Now, in 1962, earning five times that amount, and knowing that he would earn more, Gruson anticipated his return to a city that suited his sophisticated taste far more than had Bonn during the last four years. Gruson was one who not only liked to cover the world—he liked to live in it, to enjoy it, to luxuriate whenever possible in fashionable places with fashionable people. But this attitude of apparent frivolity, the legend of his race horses in Mexico, his penchant for good wine, his reply to the lady who had inquired about his secret ambition (“I’d like to become the Perfect Weekend Guest”), had obscured the fact that Gruson was a first-rate reporter, and that he also had another ambition. Gruson in 1962 wanted very much to become a United States citizen. A special bill had been introduced in the House by Francis Walter and in the Senate by Kenneth Keating to waive Gruson’s residential requirements, the effect of which would have been to enable him to be sworn in as a citizen immediately after the bill had passed. But the bill was being blocked. He did not know who was blocking it, but he had certain suspicions—thoughts that he kept largely to himself because to express them might leave him open to charges of paranoiac grandeur. But he sometimes truly believed that the bill was being blocked on orders from President Kennedy himself.

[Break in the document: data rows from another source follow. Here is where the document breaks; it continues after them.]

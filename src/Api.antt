-- ===== src/Api.antt =====
-- ApiService of apps/api/src/api.service.ts: requests are queued, their assets checked, and assets
-- stored.
pub mod Validation
pub mod Naming
pub mod Assets
pub mod Controllers
pub mod Development
pub mod Instances
mod Tests
use Prim.Native.Char.{Char, code}
use content_publishing_servi.Common.{
  ◌==◌, ℕ, String, ◌+++◌, Option, none, some, List, [], ◌∷◌, ◌++◌, Bool, true, false, ◌==ₛ◌, ◌||◌,
  ◌&&◌, not, if◌then◌else◌, or_else, ◌>>=◌,
}
use content_publishing_servi.Services.Redis.{Redis, Entry, missing, string, hash}
use content_publishing_servi.Services.Codec.{Codec}
use content_publishing_servi.Queues.{
  AnnouncementTypeDto, profile, broadcast, reply, update, reaction, tombstone,
}
use content_publishing_servi.Requests.Content.{
  AssetReferenceDto, AssetDto, NoteActivityDto, ProfileActivityDto, RequestContent, RequestJob,
}

-- IAssetMetadata
pub record AssetMetadata : Type 0 where
  pub ipfs_cid : String
  pub mime_type : String
  pub created_on : ℕ

-- IAssetJob, as it is queued under the asset's cid
pub record AssetJob : Type 0 where
  pub ipfs_cid : String
  pub mime_type : String
  pub content_location : String
  pub metadata_location : String

-- A file of an upload
pub record File : Type 0 where
  pub buffer : String
  pub mime_type : String

pub record CheckItem : Type 0 where
  pub only_image : Bool
  pub reference_id : String

-- The two parts of a request that can name assets
pub record AssetIncludedRequest : Type 0 where
  pub profile_part : Option ProfileActivityDto
  pub content_part : Option NoteActivityDto

-- How the validation ends: with the mime types, with the errors of a bad request, or because a call
-- or the parsing of what is stored throws
pub data Checked : Type 0 where
  valid : List (String × String) → Checked
  bad_request : List String → Checked
  thrown : Checked

unfoldable pub get_asset_data_key : String → String
get_asset_data_key asset_id = "asset:data:" +++ asset_id

unfoldable pub get_asset_metadata_key : String → String
get_asset_metadata_key asset_id = "asset:metadata:" +++ asset_id

unfoldable pub is_asset_included_type : AnnouncementTypeDto → Bool
is_asset_included_type profile = true
is_asset_included_type broadcast = true
is_asset_included_type reply = true
is_asset_included_type update = true
is_asset_included_type reaction = false
is_asset_included_type tombstone = false

-- The job of enqueueRequest, whose id is made of the job without an id and without the mime types
unfoldable pub enqueue_request :
    (RequestJob → String) → String → RequestContent → Option (List (String × String)) → RequestJob
enqueue_request calculate_job_id dsnp_user_id content asset_to_mime_type =
    let data_without_id : RequestJob = record {
      id = "";
      dsnp_user_id = dsnp_user_id;
      asset_to_mime_type = none;
      content = content;
      dependency_attempt = 0;
    } in
    record data_without_id {
      id = calculate_job_id data_without_id;
      asset_to_mime_type = asset_to_mime_type;
    }

unfoldable pub check_items : Bool → List AssetReferenceDto → List CheckItem
check_items only_image [] = []
check_items only_image (reference ∷ rest) =
    record { only_image = only_image; reference_id = reference.reference_id }
    ∷ check_items only_image rest

unfoldable pub asset_items : List AssetDto → List CheckItem
unfolding check_items
asset_items [] = []
asset_items (asset ∷ rest) = check_items false (or_else asset.references []) ++ asset_items rest

-- Where a profile is given the content is not looked at.
unfoldable pub checking_list : Option ProfileActivityDto → Option NoteActivityDto → List CheckItem
unfolding check_items asset_items
checking_list (some p) content = check_items true (or_else p.icon [])
checking_list none (some c) = asset_items (or_else c.assets [])
checking_list none none = []

-- What GET answers: null is some none; at a hash the call is rejected
unfoldable pub get_text : Entry → Option (Option String)
get_text missing = some none
get_text (string v) = some (some v)
get_text (hash fields) = none

-- One step of the loop, added to the result of the steps after it
unfoldable pub add_mime_type : String → String → Checked → Checked
add_mime_type reference_id mime_type (valid map) = valid ((reference_id, mime_type) ∷ map)
add_mime_type reference_id mime_type (bad_request errors) = bad_request errors
add_mime_type reference_id mime_type thrown = thrown

unfoldable pub add_error : String → Checked → Checked
add_error error (valid map) = bad_request (error ∷ [])
add_error error (bad_request errors) = bad_request (error ∷ errors)
add_error error thrown = thrown

-- A character is the letter of these two codes
abbrev is_letter : Char → ℕ → ℕ → Bool
is_letter c small capital = code c == small || code c == capital

-- mimeType.toLowerCase().startsWith('image'); no other characters than these have these small
-- letters
unfoldable pub is_image : String → Bool
is_image (String.◌∷◌ c (String.◌∷◌ d (String.◌∷◌ e (String.◌∷◌ f (String.◌∷◌ g rest))))) =
    is_letter c 105 73
    && is_letter d 109 77
    && is_letter e 97 65
    && is_letter f 103 71
    && is_letter g 101 69
is_image _ = false

module _ (metadata_json : Codec AssetMetadata) where
  -- What is done with the metadata of one item, once it is parsed; none if that throws
  unfoldable pub check_metadata : CheckItem → Option AssetMetadata → Checked → Checked
  unfolding add_mime_type add_error is_image
  check_metadata item none later = thrown
  check_metadata item (some metadata) later =
      if item.only_image && not (is_image metadata.mime_type)
      then add_error ("profile.icon.referenceId " +++ (item.reference_id +++ " is not an image!"))
          later
      else add_mime_type item.reference_id metadata.mime_type later

  unfoldable pub check_item : String → CheckItem → Option String → Checked → Checked
  unfolding check_metadata
  check_item place item none later =
      add_error (place +++ (".referenceId " +++ (item.reference_id +++ " does not exist!"))) later
  check_item place item (some text) later = check_metadata item (metadata_json.decode text) later

  -- An item with what its GET answers; none if that is rejected
  unfoldable pub check_answer : String → CheckItem → Option (Option String) → Checked → Checked
  unfolding check_item
  check_answer place item none later = thrown
  check_answer place item (some found) later = check_item place item found later

  module _ (redis : Redis) where
    -- The loop over the items; a rejection among the calls before it rejects all
    unfoldable pub check_all : redis.Db → String → List CheckItem → Checked
    unfolding check_answer get_text
    check_all db place [] = valid []
    check_all db place (item ∷ rest) =
        check_answer place item
          (get_text (redis.view db (get_asset_metadata_key item.reference_id)))
          (check_all db place rest)

    unfoldable pub validate_assets_and_fetch_metadata : redis.Db → AssetIncludedRequest → Checked
    unfolding check_all checking_list
    validate_assets_and_fetch_metadata db content =
        check_all db
          (elim content.profile_part [ none ↦ "content.assets" | some p ↦ "profile.icon" ])
          (checking_list content.profile_part content.content_part)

This would seem absurd only to those who underestimated Kennedy’s interest in the press, and the lengths that he would sometimes go to demonstrate his displeasure with certain critical journalists; and there was good reason to believe in 1962 that President Kennedy was very displeased with Gruson’s reporting from Bonn. In the spring of 1961, after Gruson had described the
new Administration’s policy toward Germany as undiplomatic—defining the policy as an attempt not to become too dependent on Chancellor Konrad Adenauer and the Germans, and adding that this policy might have serious repercussions in Germany if it succeeded—Kennedy became infuriated, complaining to another correspondent in Washington that he could “not understand a Jew being a spokesman for the Germans.” There were other stories, too, that disconcerted the President, and when Robert F. Kennedy, visiting Paris, had been introduced to
The Times
’ Robert Doty, Kennedy was overheard to remark, “I hope he’s not like that bastard Gruson.”

And so when the White House press secretary, Pierre Salinger, was in Bonn, and when Gruson and the other American correspondents were invited by a United States Embassy official to join Salinger for drinks, Gruson refused, revealing to his host his suspicions about the Kennedys’ role in withholding his citizenship—half doubting it as he admitted it, yet reassuring himself that the Kennedy people were indeed capable of doing such a thing.

On the evening of Salinger’s arrival, Gruson received a call at home from a friend in the Embassy saying that Salinger wanted to come to Gruson’s home and discuss the matter; which he did. Salinger ridiculed the notion that President Kennedy had done anything to delay the bill’s passage, but he promised to discuss it with the President when he telephoned him the following day. Salinger did this at great length, according to what Gruson heard later from his friends in the Embassy, and soon the matter was receiving close attention in Washington from Kennedy’s aides. They discovered that the bill was not being blocked by anyone influenced by the White House but possibly by forces under Senator James O. Eastland, the Mississippian who had shown interest in
The Times
during the subcommittee investigation of communism and the press in 1955 and 1956. To draw any relationship between Eastland’s feud with
The Times
in the Fifties and Eastland-Gruson in 1962 would be pure conjecture. Nor could it be proven that Eastland had the slightest interest in slowing down the Gruson bill—or even knew who Gruson was. But in any event, the Gruson bill was soon pried loose, and, in September of 1962, it quickly passed both Houses, and Sydney Gruson became a citizen.